Blackwell’s characters are hauntingly memorable. They change the way trees change that have endured the onslaught of decades of harsh weather — change that scars more than grows; but, perhaps on a deeper level survival is growth. Louis is like the Cypress tree, he survives. Now on the eve of Hurricane Katrina at age 95, he remembers his unfinished life in Cypress Parish, and he regrets that he didn’t say good-bye to Nanette.
Aside from the sheer enjoyment of reading Blackwell’s writing, I grew in my understanding of humanity through Cypress Parish. I recommend it highly.
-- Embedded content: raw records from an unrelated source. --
-- ===== src/Io/Entry.antt =====
-- `do_io` of src/ugds_io.cpp as a whole, with `uGDSRead` and `uGDSWrite`.
use u_gds.Prelude.{
  ℕ, ◌+◌, ◌-◌, ◌/◌, ◌%◌, ◌^◌, Bool, true, false, ◌||◌, not, Option, none, some, [], ltb, ◌==◌,
  if◌then◌else◌, u16_mod, u32_mod, u64_mod, ℤ, pos, negsuc, neg, get_elem?, get_or, set, ◌⊎◌, inl,
  inr,
}
use u_gds.Queue.{Mem, einval}
use u_gds.Command.{io_opcode, io_read, io_write}
use u_gds.Dma.{Dma}
use u_gds.Io.Types.{eio, QueuePair, HandleState, Progress, Attempt, go, stop, stuck, Request}
use u_gds.Io.Loop.{io_loop, pages_of, max_xfer_of}

-- `static_cast<ssize_t>` of a `size_t`
abbrev pub signed64 : ℕ → ℤ
signed64 n = if ltb n (2 ^ 63) then pos n else negsuc (2 ^ 64 - n - 1)

-- How a request ends: its result, what it did on the queue pair (if it took one), and the mapping
-- that it made on the fly and took down again.
pub data Outcome : Type 0 where
  refused : ℤ → Outcome
  ran : ℤ → (qp_idx : ℕ) → Progress → (unmapped : Option Dma) → Outcome
  undefined : Outcome

-- the end of the loop, and of the request
unfoldable pub finished : ℕ → Option Dma → Attempt ℕ → Outcome
finished qp_idx on_the_fly (go bytes_done s) = ran (signed64 bytes_done) qp_idx s on_the_fly
finished qp_idx on_the_fly (stop result s) = ran result qp_idx s on_the_fly
finished qp_idx on_the_fly stuck = undefined

-- where the buffer's pages come from, and the index of the first
pub record Source : Type 0 where
  pub dma : Dma
  pub page_start : ℕ
  pub on_the_fly : Bool

-- The checks of the arguments in `do_io`, for a handle that is not NULL and offsets that are not
-- negative: `do_io` below refuses others by its last clause. `some r` ends the request with r.
unfoldable pub check_args : HandleState → (base size file_offset : ℕ) → Option ℤ
check_args hs base size file_offset =
    if base == 0 || size == 0 || hs.block_size == 0
    then some (neg einval)
    else if not (file_offset % hs.block_size == 0) || not (size % hs.block_size == 0)
    then some (neg einval)
    else if hs.ctrl.page_size == 0
    then some (neg einval)
    else none

-- the answer of `nvm_dma_map_device`: a status and a descriptor
abbrev pub mapped_source : ℕ × Option Dma → ℤ ⊎ Source
mapped_source (rc, none) = inl (neg eio)
mapped_source (rc, some dma) =
    if rc == 0 then inr (record { dma = dma; page_start = 0; on_the_fly = true }) else inl (neg eio)

-- A registered buffer is used from a page boundary on and must hold every page; any other buffer
-- is mapped for the request by `nvm_dma_map_device`.
unfoldable pub find_source :
    HandleState
    → (registered : Option Dma) → (map_device : ℕ → ℕ → ℕ × Option Dma) → (base size buf_offset : ℕ)
    → ℤ ⊎ Source
find_source hs (some dma) map_device base size buf_offset =
    let page_size = hs.ctrl.page_size in
    let page_start = buf_offset / page_size in
    if not (buf_offset % page_size == 0)
    then inl (neg einval)
    else if ltb dma.n_ioaddrs ((page_start + pages_of page_size size) % u64_mod)
    then inl (neg einval)
    else inr (record { dma = dma; page_start = page_start; on_the_fly = false })
find_source hs none map_device base size buf_offset =
    mapped_source (map_device (base + buf_offset) size)

-- what the loop is given
abbrev pub request_of : HandleState → QueuePair → Dma → (size opcode : ℕ) → Request
request_of hs qp dma size opcode = record {
  ctrl = hs.ctrl;
  ns_id = hs.ns_id;
  block_size = hs.block_size;
  page_size = hs.ctrl.page_size;
  max_xfer = max_xfer_of hs.ctrl.page_size hs.max_transfer_size;
  opcode = opcode;
  size = size;
  prp_capacity = hs.ctrl.page_size / 8;
  prp_ioaddr = get_or qp.prp_dma.ioaddrs 0 0;
  ioaddrs = dma.ioaddrs;
}

abbrev pub start_of : QueuePair → (prp : ℕ → ℕ) → Progress
start_of qp prp = record { sq = qp.sq; cq = qp.cq; prp = prp; now = 0; sent = [] }

-- The loop on a queue pair, which ends in fewer than `size + 1` rounds, since each moves a byte
-- at least. No queue pair of that index is out of bounds.
unfoldable pub run_pair :
    HandleState
    → (mems : ℕ → ℕ → Mem) → (prp : ℕ → ℕ → ℕ) → Source
    → (size file_offset opcode idx : ℕ) → Option QueuePair
    → Outcome
run_pair hs mems prp src size file_offset opcode idx none = undefined
run_pair hs mems prp src size file_offset opcode idx (some qp) =
    finished idx (if src.on_the_fly then some src.dma else none) (
      io_loop (size + 1) (request_of hs qp src.dma size opcode) (mems idx) 0
        (file_offset / hs.block_size) src.page_start (start_of qp (prp idx)))

-- The loop on the queue pair that the round robin chooses; a handle without any divides by 0.
unfoldable pub run_on :
    HandleState
    → (mems : ℕ → ℕ → Mem) → (prp : ℕ → ℕ → ℕ) → Source
    → (size file_offset opcode : ℕ) → Outcome
run_on hs mems prp src size file_offset opcode =
    let idx = hs.rr_counter % hs.num_qps % u16_mod in
    run_pair hs mems prp src size file_offset opcode idx
      (if hs.num_qps == 0 then none else get_elem? hs.qps idx)

-- the request with what the search for its buffer gave
unfoldable pub run_found :
    HandleState
    → (mems : ℕ → ℕ → Mem) → (prp : ℕ → ℕ → ℕ) → (size file_offset opcode : ℕ) → ℤ ⊎ Source
    → Outcome
run_found hs mems prp size file_offset opcode (inl r) = refused r
run_found hs mems prp size file_offset opcode (inr src) =
    run_on hs mems prp src size file_offset opcode

-- the request after the arguments' checks
unfoldable pub run_checked : Option ℤ → Outcome → Outcome
run_checked (some r) rest = refused r
run_checked none rest = rest

-- `do_io` with what it finds in the buffer registry. The handle is `none` for NULL, and the
-- offsets are signed.
unfoldable pub do_io :
    Option HandleState
    → (registered : Option Dma) → (map_device : ℕ → ℕ → ℕ × Option Dma) → (mems : ℕ → ℕ → Mem)
    → (prp : ℕ → ℕ → ℕ) → (base size : ℕ) → (file_offset buf_offset : ℤ) → (opcode : ℕ) → Outcome
do_io (some hs) registered map_device mems prp base size (pos file_offset) (pos buf_offset) opcode =
    run_checked (check_args hs base size file_offset) (
      run_found hs mems prp size file_offset opcode
        (find_source hs registered map_device base size buf_offset))
do_io _ registered map_device mems prp base size file_offset buf_offset opcode =
    refused (neg einval)

-- The handle after the request: the round robin counter moved on and the queue pair written back,
-- unless the request was refused.
unfoldable pub handle_after : HandleState → Outcome → HandleState
handle_after hs (refused r) = hs
handle_after hs (ran r idx s unmapped) = record hs {
  rr_counter = (hs.rr_counter + 1) % u32_mod;
  qps = elim (get_elem? hs.qps idx) [
    | none ↦ hs.qps
    | some qp ↦ set hs.qps idx (record qp { sq = s.sq; cq = s.cq })
  ];
}
handle_after hs undefined = hs

-- `uGDSRead` and `uGDSWrite`
unfoldable pub ugds_read :
    Option HandleState
    → (registered : Option Dma) → (map_device : ℕ → ℕ → ℕ × Option Dma) → (mems : ℕ → ℕ → Mem)
    → (prp : ℕ → ℕ → ℕ) → (base size : ℕ) → (file_offset buf_offset : ℤ) → Outcome
ugds_read fh registered map_device mems prp base size file_offset buf_offset =
    do_io fh registered map_device mems prp base size file_offset buf_offset (io_opcode io_read)

unfoldable pub ugds_write :
    Option HandleState
    → (registered : Option Dma) → (map_device : ℕ → ℕ → ℕ × Option Dma) → (mems : ℕ → ℕ → Mem)
    → (prp : ℕ → ℕ → ℕ) → (base size : ℕ) → (file_offset buf_offset : ℤ) → Outcome
ugds_write fh registered map_device mems prp base size file_offset buf_offset =
    do_io fh registered map_device mems prp base size file_offset buf_offset (io_opcode io_write)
You can read original reporting of the 1927 Flood at Time Archives and experience original voices and graphics of the flood at PBS Fatal Flood of 1927. You can also listen to Unbridled Aloud Podcasts.
On writing "The Unnatural History of Cypress Parish," Blackwell said:
My fictional Cypress Parish is a combination of St. Bernard Parish (where the 1927 levee breech occured), Livingston Parish (where my grandfather grew up) and Vermillion Parish (where my grandfather wooed my grandmother away from a house of pretty French sisters).
When I was a kid, my grandfather saw that I liked to write and offered to pay me a dollar a story. When I became too prolific for his wallet, he told me to keep writing but not for money. Late in his life, he picked up a pen of his own and started chronicling his years growing up in rural Louisiana as well as his later experiences in war, study, and life. He did this not with an eye toward publication but so that his grandchildren would know him better, would know more family history. He gave us the new chapters every Christmas, the white copy-shop boxes sitting under the tree with our other presents. He wrote these memoirs on a cypress desk and under a lumber company map of the parish where he grew up. It would take me a long time to get around to this material, but the image stayed with me. I knew from the start that desk and map would sneak into the novel.
Blackwell's debut novel is Hunger. She is on the English faculty at The University of South Carolina.